Against this, there is a more general point to be made about the place of Galileo’s case in Catholic intellectual history.  The case may be identified as the point of rupture in the harmony that had previously existed between religious and secular knowledge; for it was not only Galileo and the heliocentric theory that fell under Urban VIII’s condemnation.  The banishment of the astronomer Fr Grassi from Rome has already been mentioned.  In the same year, 1633, the Jesuit physicist Fr Arriaga was removed from his teaching post at Prague University, an institution of which he was the most celebrated figure; his espousal of atomism, a theory which Galileo had also suggested in an earlier work, was the reason for the over-cautious response on the part of his order.  This year, therefore, saw a triple blow to the acceptance of science by the Catholic Church.  A fourth case is even further-reaching, for it extends the break to the philosophical field.  Descartes was deterred by Galileo’s condemnation from proceeding with a treatise On the World which he was contemplating, and instead he wrote the Discours de la Méthode, published in 1637.  Urban VIII’s reprisal thus had the effect of suppressing what doubtless would have been a valuable contribution to science, and substituting a work that began the dethronement of Aristotelianism in European philosophy.  Without exaggeration, therefore, we can identify the 1630s as the decade, and can almost point to 1633 as the year, when the integrity of Counter-Reformation culture was broken.

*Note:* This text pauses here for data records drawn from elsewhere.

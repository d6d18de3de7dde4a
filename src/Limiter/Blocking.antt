-- ===== src/Limiter/Blocking.antt =====
-- pkg/security/login_limiter.go: when a key is blocked.
use yourz_gift.Base.{
  ℕ, suc, ◌≤◌, ◌<◌, String, ◌≡◌, ◌≢◌, ◌⊎◌, refl, ◌∙◌, Bool, true, false, some, ok, ℤ, arith,
  Result-cases, Bool-cases, inl, inr, leb,
}
use yourz_gift.Redis.{Redis, apart_at}
use yourz_gift.Limiter.{
  Limits, attempt_key, block_key, start_window, block, decide, register_failure,
}

block-attempt : (a b : String) → block_key a ≢ attempt_key b
block-attempt a b = apart_at 6 _ _ refl

module _ (r : Redis) (l : Limits) (name : String) where
  window-counters :
      (n : ℕ) (s : r.Store) (k : String) → r.counter k (start_window r l name n s).1 ≡ r.counter k s
  unfolding start_window
  window-counters n s k = let e = r.expire-counters (attempt_key name) l.window s k in ground arith

  -- What is decided once the failure is counted.
  decided :
      (n : ℕ) (s' s : r.Store) (blocked : Bool) (wait : ℤ)
      → n ≡ suc (r.counter (attempt_key name) s)
      → r.counter (attempt_key name) s' ≡ n
      → (decide r l name n s').0 ≡ ok (blocked, wait)
      → ((blocked ≡ true)
          × (l.limit ≤ suc (r.counter (attempt_key name) s))
          × (r.value (block_key name) (decide r l name n s').1 ≡ some "1"))
        ⊎ ((blocked ≡ false)
            × (suc (r.counter (attempt_key name) s) < l.limit)
            × (r.counter (attempt_key name) (decide r l name n s').1
                ≡ suc (r.counter (attempt_key name) s)))
  unfolding decide block
  decided n s' s blocked wait exact counted e =
      let s3 = (r.set (block_key name) "1" l.block_duration s').1 in
      let others = r.del-others (attempt_key name) s3 (block_key name) (block-attempt name name) in
      elim (Bool-cases (leb l.limit n)) [
        | inr h ↦ inr (ground arith, ground arith, ground arith)
        | inl h ↦ elim (Result-cases (r.set (block_key name) "1" l.block_duration s').0) [
          | inr (x, b) ↦ absurd (ground arith)
          | inl (u, b) ↦
              let stored = r.set-value (block_key name) "1" l.block_duration s' b in
              inl (ground arith, ground arith, ground arith)
        ]
      ]

  -- A failure that is registered blocks the key exactly where it is the limit-th one that is counted,
  -- or a later one. If it does, the block is stored; if not, one failure more is counted.
  pub register_failure_lem :
      (s : r.Store) (blocked : Bool) (wait : ℤ)
      → (register_failure r l name s).0 ≡ ok (blocked, wait)
      → ((blocked ≡ true)
          × (l.limit ≤ suc (r.counter (attempt_key name) s))
          × (r.value (block_key name) (register_failure r l name s).1 ≡ some "1"))
        ⊎ ((blocked ≡ false)
            × (suc (r.counter (attempt_key name) s) < l.limit)
            × (r.counter (attempt_key name) (register_failure r l name s).1
                ≡ suc (r.counter (attempt_key name) s)))
  unfolding register_failure
  register_failure_lem s blocked wait e = elim (Result-cases (r.incr (attempt_key name) s).0) [
    | inr (x, h) ↦ absurd (ground arith)
    | inl (n, h) ↦
        let exact = r.incr-ok (attempt_key name) s n h in
        let counted = r.incr-counter (attempt_key name) s n h in
        let s1 = (r.incr (attempt_key name) s).1 in
        let kept = window-counters n s1 (attempt_key name) in
        let e1 = (rw h at e) in
        rw h (elim (Result-cases (start_window r l name n s1).0) [
          | inr (x, o) ↦ absurd (ground arith)
          | inl (u, o) ↦ rw o (
              decided n (start_window r l name n s1).1 s blocked wait exact (kept ∙ counted)
                (rw o at e1))
        ])
  ]
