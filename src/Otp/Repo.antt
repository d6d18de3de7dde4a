-- ===== src/Otp/Repo.antt =====
-- internal/repositories/otp/otp_repo.go: the four kinds of keys of an e-mail address.
use yourz_gift.Base.{
  ℕ, String, ◌≢◌, refl, ◌&&◌, ltb, eqb, if◌then◌else◌, ℤ, pos, Result, ok, err, Exec,
}
use yourz_gift.Redis.{Redis, key, apart_at}

abbrev pub otp_register_key : String → String
otp_register_key email = key "otp:register:" email

abbrev pub otp_attempt_key : String → String
otp_attempt_key email = key "otp:attempt:" email

abbrev pub otp_cooldown_key : String → String
otp_cooldown_key email = key "otp:cooldown:" email

abbrev pub otp_rate_key : String → String
otp_rate_key email = key "otp:rate:" email

pub register-attempt : (a b : String) → otp_register_key a ≢ otp_attempt_key b
register-attempt a b = apart_at 4 _ _ refl

pub register-cooldown : (a b : String) → otp_register_key a ≢ otp_cooldown_key b
register-cooldown a b = apart_at 4 _ _ refl

pub register-rate : (a b : String) → otp_register_key a ≢ otp_rate_key b
register-rate a b = apart_at 5 _ _ refl

attempt-register : (a b : String) → otp_attempt_key a ≢ otp_register_key b
attempt-register a b = apart_at 4 _ _ refl

module _ (r : Redis) where
  unfoldable pub set_otp : String → String → ℕ → Exec r.Store (Unit {0})
  set_otp email hashed ttl = r.set (otp_register_key email) hashed ttl

  unfoldable pub get_otp : String → r.Store → Result String
  get_otp email s = r.get (otp_register_key email) s

  unfoldable pub delete_otp : String → Exec r.Store (Unit {0})
  delete_otp email = r.del (otp_register_key email)

  -- A new counter gets an expiry time; the error of EXPIRE is dropped.
  unfoldable pub counted : String → ℕ → Exec r.Store ℕ
  counted k ttl s =
      let (n, s') = r.incr k s in
      elim n [
        | err e ↦ (err e, s')
        | ok count ↦ (ok count, if eqb count 1 && ltb 0 ttl then (r.expire k ttl s').1 else s')
      ]

  unfoldable pub increment_attempts : String → ℕ → Exec r.Store ℕ
  unfolding counted
  increment_attempts email ttl = counted (otp_attempt_key email) ttl

  unfoldable pub reset_attempts : String → Exec r.Store (Unit {0})
  reset_attempts email = r.del (otp_attempt_key email)

  unfoldable pub set_cooldown : String → ℕ → Exec r.Store (Unit {0})
  set_cooldown email ttl = r.set (otp_cooldown_key email) "1" ttl

  unfoldable pub get_cooldown_ttl : String → r.Store → Result ℤ
  get_cooldown_ttl email s = r.ttl (otp_cooldown_key email) s

  unfoldable pub clear_cooldown : String → Exec r.Store (Unit {0})
  clear_cooldown email = r.del (otp_cooldown_key email)

  -- The time that TTL gives, 0 beside an error.
  abbrev pub ttl_or_zero : Result ℤ → ℤ
  ttl_or_zero (ok t) = t
  ttl_or_zero (err e) = pos 0

  unfoldable pub increment_send_count : String → ℕ → Exec r.Store (ℕ × ℤ)
  unfolding counted
  increment_send_count email ttl s =
      let (n, s') = counted (otp_rate_key email) ttl s in
      elim n [
        | err e ↦ (err e, s')
        | ok count ↦ (ok (count, ttl_or_zero (r.ttl (otp_rate_key email) s')), s')
      ]

  unfoldable pub clear_send_count : String → Exec r.Store (Unit {0})
  clear_send_count email = r.del (otp_rate_key email)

It is a high irony that the condemnation of Galileo, which has so harmed the Church’s reputation, was the work of a pope who was the scientist’s patron, and who had explicitly shown his belief that Copernicanism was not an heretical doctrine.  If Urban had been pope in 1616, he would probably have prevented even Galileo’s first, mild condemnation.  Indeed, we may speculate that, if his pontificate had fallen twenty years earlier, he might now be regarded as the greatest pope of the seventeenth century, his talents remembered and his faults unexposed.  As it is, he has left a wretched reputation, but one that falls short of his deserts.  His action against Galileo diverts attention from his vaster offence of allowing, even to an extent abetting, one of the greatest historical calamities the Catholic Church has ever suffered.  For those legacies, Urban VIII must be placed among the most disastrous popes in the Church’s history.

 

 

[1]  The best modern study of the case, despite the author’s anti-clerical point of view, is Pietro Redondi’s Galileo eretico (Rome: Guiliu Einaudi Editore, 1983), a work that has unfortunately been given to the English-speaking world in an inferior translation (Galileo: Heretic, Princeton: Princeton University Press, 1987).
[2]  Urban was not aware that the Holy Office in 1616 had forbidden Galileo to teach the Copernican theory.  When he learned of it, he accused Galileo of having concealed the fact from him and treated it as evidence of bad faith.
[3]  In view of this, it would been ironical if Galileo had uttered at his condemnation the mythical phrase, ‘eppur si muove’, since that was precisely the point on which his arguments were faulty.